Share your dilemmas and get honest opinions from other Mumsnetters.

dinner just went to shit - why?

419 replies

Whatjusthappenedthen · 19/03/2023 17:59

Call me overdramatic but I'm trying to process exactly what went on and dinner just now and would appreciate advice on how it went so badly and how to avoid it happening again?

First of all, we're probably all neurodiverse - DS1 and DS2 both diagnosed, I have anxiety and probably adhd but haven't been diagnosed yet, my DD acts 'strangely' for her age so I think she's probably autistic like DS1 and the same goes for my partner.

Anyway.

We sat down for a roast dinner and DD (14) grabbed the gravy jug just as I was about to reach for it. I jokingly said "it's okay, you have the gravy first" with a smile on my face, to which DD asked what I'd said and I just said I was joking, but next time ask before just taking the gravy jug.

She immediately got stroppy and started sulking, so I told her to quit it as she does this a lot and was kind of done with her behaviour for today (she had one of these strops earlier when she took offence to something else I said).

She then sat there with a face like thunder, picking at her food so I told her to stop it, then just lost it and said I couldn't cope with sitting opposite her with a face on her. Left her table and went into the other room - 30 seconds later decided that was childish and started to walk back into the dining room to be met by my partner bringing my plate to me, saying my food was going cold.
I told him it was fine and we sat back down at the table.
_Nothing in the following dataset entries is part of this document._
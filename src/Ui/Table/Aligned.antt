-- ===== src/Ui/Table/Aligned.antt =====
-- internal/ui/table.go: the lines of a table are equally wide.
use multi_protocol_proxy.Prelude.{ℕ, ◌+◌, ◌≤◌, List, [], ◌∷◌, ◌++◌, map, All, ◌≡◌, ◌≢◌, arith}
use multi_protocol_proxy.Ui.{Text, esc, visible_width}
use multi_protocol_proxy.Ui.Width.{IsWhole}
use multi_protocol_proxy.Ui.Table.{
  TableColumn, TableBorder, border_unicode, border_ascii, border_none, Row, RenderTableOptions,
  box_of, cell, max_cell_width, column_width, content_width, h_line, render_cell, render_row, ruled,
  table_lines,
}
use multi_protocol_proxy.Ui.Table.Columns.{
  Takes, Takes-append, Takes-same, Takes-plain, joined, join-Takes, repeat-IsPlain, length-repeat,
  max_cell_width-All, column_width-fits, render_cell-Takes, box_of-IsPlain,
}

abbrev pub line_width : RenderTableOptions → ℕ
line_width opts = 1 + (joined (map (column_width opts) opts.columns) + 1)

enclosed-Takes :
    (l r n : ℕ) (s : Text) → l ≢ esc → r ≢ esc → Takes n s → Takes (1 + (n + 1)) (l ∷ (s ++ r ∷ []))
enclosed-Takes l r n s h k p =
    Takes-append 1 _ (l ∷ []) _ (Takes-plain (l ∷ []) (h, tt))
      (Takes-append n 1 s (r ∷ []) p (Takes-plain (r ∷ []) (k, tt)))

module _ {ℓ κ} {A : Type ℓ} where
  All-map :
      {B : Type κ} (P : B → Type 0) (f : A → B) (xs : List A)
      → All (λ a. P (f a)) xs
      → All P (map f xs)
  All-map P f [] h = tt
  All-map P f (x ∷ xs) h = (h.0, All-map P f xs h.1)

  All-every : (P : A → Type κ) (xs : List A) → ((a : A) → P a) → All P xs
  All-every P [] h = tt
  All-every P (x ∷ xs) h = (h x, All-every P xs h)

All-swap :
    (P : Text → Row → Type 0) (rows : List Row)
    → ((key : Text) → All (P key) rows)
    → All (λ row. (key : Text) → P key row) rows
All-swap P [] h = tt
All-swap P (row ∷ rows) h = (λ key. (h key).0, All-swap P rows (λ key. (h key).1))

h_line-Takes :
    (opts : RenderTableOptions) (left mid right : ℕ)
    → left ≢ esc
    → mid ≢ esc
    → right ≢ esc
    → Takes (line_width opts) (h_line opts left mid right)
unfolding h_line
h_line-Takes opts left mid right l m r = enclosed-Takes left right _ _ l r (
    join-Takes mid _ (column_width opts) opts.columns m (
      All-every _ opts.columns (λ col. Takes-same _ _ _ (length-repeat _ (column_width opts col)) (
        Takes-plain _ (
          repeat-IsPlain (box_of opts.border).h (column_width opts col)
            (box_of-IsPlain opts.border).0)))))

render_row-Takes :
    (opts : RenderTableOptions) (values : TableColumn → Text)
    → opts.padding ≤ 1
    → All
        (λ col.
          (col.max_width ≡ 0)
          × IsWhole (values col)
          × (visible_width (values col) ≤ content_width opts col))
        opts.columns
    → Takes (line_width opts) (render_row opts values)
unfolding render_row
render_row-Takes opts values slim fit =
    let v = (box_of-IsPlain opts.border).1.0 in
    enclosed-Takes _ _ _ _ v v (
      join-Takes _ (render_cell opts values) (column_width opts) opts.columns v
        (cells opts.columns fit))
  where
    cells :
        (cols : List TableColumn)
        → All
            (λ col.
              (col.max_width ≡ 0)
              × IsWhole (values col)
              × (visible_width (values col) ≤ content_width opts col))
            cols
        → All (λ col. Takes (column_width opts col) (render_cell opts values col)) cols
    cells [] f = tt
    cells (col ∷ cols) f =
        (render_cell-Takes opts values col f.0.0 slim f.0.1 f.0.2, cells cols f.1)

-- The columns have no greatest width, and no header or cell leaves an escape sequence open.
pub record IsRenderable (opts : RenderTableOptions) : Type 0 where
  pub slim : opts.padding ≤ 1
  pub columns : All (λ col. (col.max_width ≡ 0) × IsWhole col.header) opts.columns
  pub cells : All (λ row. (key : Text) → IsWhole (cell key row)) opts.rows

IsLine : RenderTableOptions → Text → Type 0
IsLine opts l = visible_width l ≡ line_width opts

header_row :
    (opts : RenderTableOptions)
    → IsRenderable opts
    → IsLine opts (render_row opts (λ col. col.header))
unfolding IsLine
header_row opts r =
    (render_row-Takes opts (λ col. col.header) r.slim (fit opts.columns r.columns)).wide
  where
    fit :
        (cols : List TableColumn)
        → All (λ col. (col.max_width ≡ 0) × IsWhole col.header) cols
        → All
            (λ col.
              (col.max_width ≡ 0)
              × IsWhole col.header
              × (visible_width col.header ≤ content_width opts col))
            cols
    fit [] h = tt
    fit (col ∷ cols) h = ((h.0.0, h.0.1, (column_width-fits opts col h.0.0 r.slim).1), fit cols h.1)

body_rows :
    (opts : RenderTableOptions)
    → IsRenderable opts
    → All (λ row. IsLine opts (render_row opts (λ col. cell col.key row))) opts.rows
unfolding IsLine
body_rows opts r = every opts.rows r.cells (
    All-swap (λ key row. visible_width (cell key row) ≤ max_cell_width key opts.rows 0) opts.rows
      (λ key. max_cell_width-All key opts.rows 0))
  where
    fit :
        (row : Row)
        → ((key : Text) → IsWhole (cell key row))
        → ((key : Text) → visible_width (cell key row) ≤ max_cell_width key opts.rows 0)
        → (cols : List TableColumn) → All (λ col. (col.max_width ≡ 0) × IsWhole col.header) cols
        → All
            (λ col.
              (col.max_width ≡ 0)
              × IsWhole (cell col.key row)
              × (visible_width (cell col.key row) ≤ content_width opts col))
            cols
    fit row whole small [] h = tt
    fit row whole small (col ∷ cols) h =
        let fits = (column_width-fits opts col h.0.0 r.slim).2 in
        ((h.0.0, whole col.key, omega (arith, fits, small col.key)), fit row whole small cols h.1)

    every :
        (rows : List Row)
        → All (λ row. (key : Text) → IsWhole (cell key row)) rows
        → All
            (λ row. (key : Text) → visible_width (cell key row) ≤ max_cell_width key opts.rows 0)
            rows
        → All
            (λ row. visible_width (render_row opts (λ col. cell col.key row)) ≡ line_width opts)
            rows
    every [] w small = tt
    every (row ∷ rows) w small = (
      (render_row-Takes opts (λ col. cell col.key row) r.slim
          (fit row w.0 small.0 opts.columns r.columns)).wide,
      every rows w.1 small.1,
    )

append-All : (P : Text → Type 0) (xs ys : List Text) → All P xs → All P ys → All P (xs ++ ys)
append-All P [] ys p q = q
append-All P (x ∷ xs) ys p q = (p.0, append-All P xs ys p.1 q)

ruled-IsLine :
    (opts : RenderTableOptions) (l : Text) → IsLine opts l → All (IsLine opts) (ruled opts.border l)
ruled-IsLine opts l p = go opts.border
  where
    go : (b : TableBorder) → All (IsLine opts) (ruled b l)
    go border_none = tt
    go border_unicode = (p, tt)
    go border_ascii = (p, tt)

-- All lines of a table, borders included, are equally wide on the terminal, if no column has a
-- greatest width, the padding is at most 1, and no header or cell leaves an escape sequence open.
pub table_lines-line_width :
    (opts : RenderTableOptions)
    → IsRenderable opts
    → All (λ l. visible_width l ≡ line_width opts) (table_lines opts)
unfolding table_lines IsLine
table_lines-line_width opts r =
    let box = box_of-IsPlain opts.border in
    append-All (IsLine opts) _ _
      (ruled-IsLine opts _
        (h_line-Takes opts _ _ _ box.1.1.1.1.1.0 box.1.1.0 box.1.1.1.1.1.1.0).wide)
      (
        header_row opts r,
        append-All (IsLine opts) _ _
            (ruled-IsLine opts _
              (h_line-Takes opts _ _ _ box.1.1.1.1.1.1.1.0 box.1.1.1.0 box.1.1.1.1.1.1.1.1.0).wide)
            (append-All (IsLine opts) _ _
              (All-map (IsLine opts) (λ row. render_row opts (λ col. cell col.key row)) opts.rows
                (body_rows opts r))
              (ruled-IsLine opts _
                (h_line-Takes opts _ _ _ box.1.1.1.1.1.1.1.1.1.0 box.1.1.1.1.0
                  box.1.1.1.1.1.1.1.1.1.1.0).wide)),
      )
Started eating, had to tell DD again to drop the attitude because she was picking at her fold, sighing dramatically and looking like she was about to cry, then my partner got up and turned the tv down to a whisper in the other room (open plan room), came back and sat down but then when I said it was so quiet it may as well have gone off, the whole point I'd put it on was to avoid us all sitting in silence at the table, partner got up and turned the TV back up again then finally came back to statt eating.

He got halfway through his dinner then sat for a minute not eating, then he got up, took his plate out to the kitchen and went and sat in the other room.

Just to clarify, we don't have a rule to stay at the table until everyone's finished, so him leaving the way he did wasn't an issue, aside from the fact he didn't eat all his food like usual.

DD was on the verge of tears and ate slowly, both DS deemed oblivious and when I finished my food I went to ask dp what had been wrong and he said he'd not fancied his food because of the atmosphere (created by my telling dd off - he said I wasn't wrong to do that but it created an awkward atmosphere which put him off his food).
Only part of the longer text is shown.